Seine Witwe blieb nach dem Ersten Weltkrieg in München in ihrem Haus, heiratete 1921 wieder und zog in den 1930er Jahren nach Zürich, wo sie bis zum Ende des Zweiten Weltkrieges lebte. Erneut Witwe geworden, kehrte sie 1946 in die USA zurück, wo sie in ihrem Elternhaus in Summit bei New York lebte und in den frühen 1960er Jahren verstarb. Sie kehrte nie wieder nach Namibia zurück.
Duwisib wurde von dem Freund des Ehepaares, Graf Max von Lüttichau, verwaltet, geriet aber bald nach Einzug der Unionstruppen in Südwestafrika 1915 in Konkurs und wurde 1921 öffentlich versteigert. Die neuen Besitzer war die schwedische Familie Murrmann. Der Familienvater starb bereits kurz nach der Übersiedlung nach Südwestafrika und der einzige Sohn, der in der südafrikanischen Luftwaffe diente, kam im Zweiten Weltkrieg ums Leben, so dass Duwisib kurz nach dem Zweiten Weltkrieg von einer Firma aufgekauft wurde.
Später hatten Duwisib und die umliegenden Ländereien verschiedene Besitzer, bis das Schloss sowie 50 Hektar Land in den 1970er Jahren in Staatsbesitz überging.

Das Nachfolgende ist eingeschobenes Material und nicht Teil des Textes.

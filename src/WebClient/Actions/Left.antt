-- ===== src/WebClient/Actions/Left.antt =====
-- rtpconn/webclient.go: what a client that has left its group, or was redirected, does about the news of
-- others that are still queued for it.
use galene.Base.{
  ◌≡◌, refl, ap, ◌∙◌, Bool, true, false, Option, none, some, List, [], ◌∷◌, ◌++◌, if◌then◌else◌,
  Text, same_refl, bytes,
}
use galene.Base.Results.{ok}
use galene.WebClient.{
  WebClient, ClientMessage, blank, Effect, reply, client_dead, fails, Environment, fits, write_last,
}
use galene.WebClient.Connections.{is_blank}
use galene.WebClient.Messages.{leave_named, leave_group, initialised}
use galene.WebClient.Messages.Dispatch.{handle_client_message}
use galene.WebClient.Actions.{push_client, handle_action, tell_client}

abbrev pub leave_message : Text → ClientMessage
leave_message g = record blank { type = bytes "join"; kind = bytes "leave"; group = g }

abbrev pub join_message : Text → ClientMessage
join_message g = record blank { type = bytes "join"; kind = bytes "join"; group = g }

leave_message-group :
    (e : Environment) (c : WebClient) (g : Text)
    → (handle_client_message e (record c { group = some g }) (leave_message g)).client.group ≡ none
unfolding handle_client_message leave_group
leave_message-group e c g = rw (same_refl g) refl

push_client-none :
    (e : Environment) (c : WebClient) (g : Text) (m : ClientMessage)
    → c.group ≡ none
    → handle_action e c (push_client g m) ≡ none
unfolding handle_action
push_client-none e c g m h = ap (tell_client e c g m) h

-- News of a member that are queued for a client when it leaves its group make `handleAction` panic,
-- whoever they are about.
pub leave_message-push_client_panics :
    (e e' : Environment) (c : WebClient) (g h : Text) (m : ClientMessage)
    → handle_action e'
        (handle_client_message e (record c { group = some g }) (leave_message g)).client
        (push_client h m)
      ≡ none
leave_message-push_client_panics e e' c g h m =
    push_client-none e' _ h m (leave_message-group e c g)

write_last-group :
    (e : Environment) (c : WebClient) (before : List Effect) (m : ClientMessage)
    → (write_last e c before m).client.group ≡ c.group
write_last-group e c before m = either e.alive
  where
    either :
        (b : Bool)
        → (if b then fits c (before ++ reply m ∷ []) else fails c before client_dead).client.group
          ≡ c.group
    either true = refl
    either false = refl

initialised-group :
    (c : WebClient) (i : Option (Text × List Text)) → (initialised c i).group ≡ c.group
initialised-group c none = refl
initialised-group c (some (u, l)) = refl

leave_group-none : (c : WebClient) → c.group ≡ none → leave_group c ≡ (c, [])
unfolding leave_group
leave_group-none c h = ap (leave_named c) h

redirected-group :
    (e : Environment) (c : WebClient) (i : Option (Text × List Text)) (g r : Text)
    → is_blank r ≡ false
    → let admits : Environment = record e { admission = record { init = i; result = ok r } } in
      (handle_client_message admits (record c { group = none }) (join_message g)).client.group
      ≡ none
unfolding handle_client_message
redirected-group e c i g r b =
    let admits : Environment = record e { admission = record { init = i; result = ok r } } in
    rw b (
      write_last-group admits (initialised (record c { group = none; user_data = [] }) i) [] _
      ∙ initialised-group (record c { group = none; user_data = [] }) i)

-- A client that is admitted to a group and then redirected is a member without knowing its group: it
-- panics at the news of its own arrival, and makes no call to leave the group, also when it is gone.
pub join_message-redirected :
    (e e' : Environment) (c : WebClient) (i : Option (Text × List Text)) (g r h : Text)
    (m : ClientMessage)
    → is_blank r ≡ false
    → let admits : Environment = record e { admission = record { init = i; result = ok r } } in
      let c' = (handle_client_message admits (record c { group = none }) (join_message g)).client in
      (leave_group c' ≡ (c', [])) × (handle_action e' c' (push_client h m) ≡ none)
join_message-redirected e e' c i g r h m b =
    let left = redirected-group e c i g r b in
    (leave_group-none _ left, push_client-none e' _ h m left)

Das umgebende Farmland blieb in Privathand, nebenan liegt die Gästefarm Duwisib der Familie Frank-Schultz. Das Schloss wurde 1991 renoviert und ist heute eine Sehenswürdigkeit im Süden Namibias, verwaltet von Namibia Wildlife Resorts.
Von Maltahöhe aus sind es knapp 82 km bis nach Duwisib in Richtung Südwesten.